PARACATU, MG (FOLHAPRESS) – Festivais literários se espalham pelo Brasil nos mais diversos formatos. Para leitores, costumam ser de correria entre diferentes programações e longas filas. Para escritores, de encontros apressados, debates amontoados e entrevistas em sequência.
Mas não é assim que funciona no Fliparacatu, que realizou sua terceira edição na cidade de Minas Gerais onde “há um sol para cada cabeça”, como diz a brincadeira local. O calor, porém, não vem só do sol, mas da acolhida, como disse o autor convidado Jamil Chade.

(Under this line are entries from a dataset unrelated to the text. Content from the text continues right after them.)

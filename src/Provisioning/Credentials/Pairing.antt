-- ===== src/Provisioning/Credentials/Pairing.antt =====
-- The loop never pairs a new network with an old password.
use hub_core.Base.{ℕ, ◌≡◌, refl, inl, inr, List, [], ◌∷◌, Option, none, some, arith, Option-cases}
use hub_core.Base.Text.{Text}
use hub_core.Provisioning.Credentials.{
  set_ssid, set_password, written, WifiCredentials, PendingWifiCredentials, default, text_written,
  on_write_ssid, on_write_password, complete, next_pending_credentials_state,
}

-- What happens to the pending credentials: a write to a characteristic, or a look by the loop.
pub data Event : Type 0 where
  ssid_written : List ℕ → Event
  password_written : List ℕ → Event
  looked : Event

abbrev pub after : Event → PendingWifiCredentials → PendingWifiCredentials
after (ssid_written raw) p = on_write_ssid raw p
after (password_written raw) p = on_write_password raw p
after looked p = (next_pending_credentials_state p).1

-- The states that a history leads to, the newest event first.
pub data Run : List Event → PendingWifiCredentials → Type 0 where
  begin : Run [] default
  next :
      {es : List Event} {p : PendingWifiCredentials} (e : Event)
      → Run es p
      → Run (e ∷ es) (after e p)

abbrev or_older : Option Text → Option Text → Option Text
or_older none older = older
or_older (some s) older = some s

-- The newest network name that was written.
abbrev pub newest_ssid : List Event → Option Text
newest_ssid [] = none
newest_ssid (ssid_written raw ∷ es) = or_older (text_written raw) (newest_ssid es)
newest_ssid (password_written raw ∷ es) = newest_ssid es
newest_ssid (looked ∷ es) = newest_ssid es

abbrev unless_written : Option Text → Option Text → Option Text
unless_written none older = older
unless_written (some s) older = none

-- The newest password that was written since the newest network name was.
abbrev pub password_since_ssid : List Event → Option Text
password_since_ssid [] = none
password_since_ssid (ssid_written raw ∷ es) =
    unless_written (text_written raw) (password_since_ssid es)
password_since_ssid (password_written raw ∷ es) =
    or_older (text_written raw) (password_since_ssid es)
password_since_ssid (looked ∷ es) = password_since_ssid es

abbrev Paired : List Event → PendingWifiCredentials → Type 0
Paired es p =
    (s : Text)
    → p.ssid ≡ some s
    → (newest_ssid es ≡ some s)
      × ((w : Text) → p.password ≡ some w → password_since_ssid es ≡ some w)

Paired-ssid :
    (o : Option Text) (raw : List ℕ) (es : List Event) (p : PendingWifiCredentials)
    → text_written raw ≡ o
    → Paired es p
    → Paired (ssid_written raw ∷ es) (written set_ssid o p)
Paired-ssid none raw es p e h s is =
    (ground (arith, h s is), λ w iw. ground (arith, h s is, (h s is).1 w iw))
Paired-ssid (some t) raw es p e h s is = (ground arith, λ w iw. absurd (ground arith))

Paired-password :
    (o : Option Text) (raw : List ℕ) (es : List Event) (p : PendingWifiCredentials)
    → text_written raw ≡ o
    → Paired es p
    → Paired (password_written raw ∷ es) (written set_password o p)
Paired-password none raw es p e h s is = ((h s is).0, λ w iw. ground (arith, (h s is).1 w iw))
Paired-password (some t) raw es p e h s is = ((h s is).0, λ w iw. ground arith)

Paired-looked :
    (es : List Event) (p : PendingWifiCredentials)
    → Paired es p
    → Paired es (next_pending_credentials_state p).1
unfolding next_pending_credentials_state
Paired-looked es p h = elim (Option-cases p.ssid) [
  | inl a ↦ λ s is. absurd (ground arith)
  | inr (x, a) ↦ elim (Option-cases p.password) [
    | inl b ↦ λ s is. ground (arith, h x a)
    | inr (y, b) ↦ λ s is. absurd (ground arith)
  ]
]

Paired-after :
    (e : Event) (es : List Event) (p : PendingWifiCredentials)
    → Paired es p
    → Paired (e ∷ es) (after e p)
unfolding on_write_ssid on_write_password
Paired-after (ssid_written raw) es p h = Paired-ssid (text_written raw) raw es p refl h
Paired-after (password_written raw) es p h = Paired-password (text_written raw) raw es p refl h
Paired-after looked es p h = Paired-looked es p h

Run-Paired : (es : List Event) (p : PendingWifiCredentials) → Run es p → Paired es p
Run-Paired es p begin = λ s is. absurd (ground arith)
Run-Paired es p (next {es = older} {p = q} e r) = Paired-after e older q (Run-Paired older q r)

-- Credentials that the loop finds complete are the newest network name that was written and the
-- newest password, which was written after that name; and they are found once, since nothing is pending
-- behind them.
pub next_pending_credentials_state-paired :
    (es : List Event) (p : PendingWifiCredentials) (c : WifiCredentials)
    → Run es p
    → (next_pending_credentials_state p).0 ≡ complete c
    → (newest_ssid es ≡ some c.ssid)
      × (password_since_ssid es ≡ some c.password)
      × ((next_pending_credentials_state p).1 ≡ default)
unfolding next_pending_credentials_state
next_pending_credentials_state-paired es p c r e =
    let h = Run-Paired es p r in
    elim (Option-cases p.ssid) [
      | inl a ↦ elim (Option-cases p.password) [
        | inl b ↦ absurd (ground arith)
        | inr (y, b) ↦ absurd (ground arith)
      ]
      | inr (x, a) ↦ elim (Option-cases p.password) [
        | inl b ↦ absurd (ground arith)
        | inr (y, b) ↦ (ground (arith, h x a), ground (arith, (h x a).1 y b), ground arith)
      ]
    ]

Pensado por Afonso Borges, o mesmo gestor cultural por trás dos similares Fliaraxá, Flitabira e Flipetrópolis, o Fliparacatu tem como diferencial a convivência que promove para escritores e leitores. O evento, patrocinado pela Kinross via Lei Rouanet, se concentra na praça central de Paracatu. Segundo a organização, reuniu 35 mil pessoas na edição que aconteceu de 27 a 31 de agosto.
Com exceção de uma programação com autores regionais em uma via paralela e oficinas acontecendo em um endereço no final da rua, a maior parte do festival se concentra numa mesma quadra.
A Casa do Autor, restrita apenas a convidados e funcionários do evento, demonstra a proposta do Fliparacatu de ser um festival “feito para o bem-estar dos autores”, nas palavras de Borges. No ambiente comunitário, os convidados fazem as refeições juntos, autografam livros uns dos outros e terminam todos os dias do evento com saraus onde cantam, tocam instrumentos e dançam.
O clima é como o de uma “confraternização de firma”, mas entre aqueles que exercem o trabalho muitas vezes solitário de escrever. Ali autores se conhecem e se reencontram -muitos já estiveram em outras edições dos festivais de Borges, como Renato Noguera, Geni Núñez e Eugênio Bucci, que diz que o gestor cultural “promove trocas muito raras entre grandes escritores.”
Borges conta que formou esse grupo mais fiel por critérios comuns como ideais de democracia e liberdade. “Todos são antirracistas e compõem um bloco de esquerda e democrático”, afirma ele.
Ao ser questionado se o viés político unânime impede a diversidade do evento, ele responde: “Eu quero trazer um autor de direita, mas me aponte um que consegue dialogar”.
Nesta terceira edição, ele pensou a programação gratuita junto a um grupo de curadoria formado pelos autores Bianca Santana, Jeferson Tenório, Sérgio Abranches e Leo Cunha, responsável pela programação infantil.
As mesas do Fliparacatu se desenrolam mais como aulas do que bate-papos. Borges conta que, ao convidar um autor para compor a programação, ele dá ao convidado a oportunidade de refletir sobre o que pode agregar ao tema proposto.
Na prática, cada autor faz da mesa um momento de exposição de suas ideias, estudos e também de seu livro mais recente. Com os livros e nomes dos autores expostos nas mesas, os encontros se tornam acessíveis para qualquer passante.
Nesta última edição, autores aproveitaram para divulgar novos projetos. Carla Madeira e Ana Maria Gonçalves leram trechos de seus próximos romances e Míriam Leitão contou sobre um romance feminista que está escrevendo, que pode ou não ser publicado.
Gonçalves e Valter Hugo Mãe foram os autores homenageados dessa edição e também figuraram no topo das listas de autores e obras mais vendidas na livraria do festival. Eles dividiram a última mesa do evento, que lotou as 400 cadeiras do Teatro Afonso Arinos e seu entorno.
Os dois fizeram a plateia rir ao discutir a menopausa e emocionaram ao trocar presentes. Ela leu uma carta para ele e ele a regalou com o Sankofa, símbolo de origem africana que representa a memória e foi desenhado pelo autor português, inspirando também a identidade visual desta edição do festival.
Além de assistir às mesas, crianças e adolescentes paracatuenses também puderam participar do festival com suas próprias histórias. No último dia, uma premiação reconheceu estudantes da região que criaram desenhos e textos em torno dos temas da edição, sendo aplaudidos no palco por autores consagrados.
Durante a cerimônia, que já é tradição do evento, Eliana Alves Cruz se surpreendeu com o texto de uma das participantes por sua qualidade e lembrou o incentivo que teve como escritora ao receber um prêmio de terceiro lugar por uma redação que fez na escola.
O prêmio, segundo Afonso Borges, é um dos “segredos do festival”. “O Fliparacatu não é pensado para o autor ou para a literatura, ele é feito para a cidade.”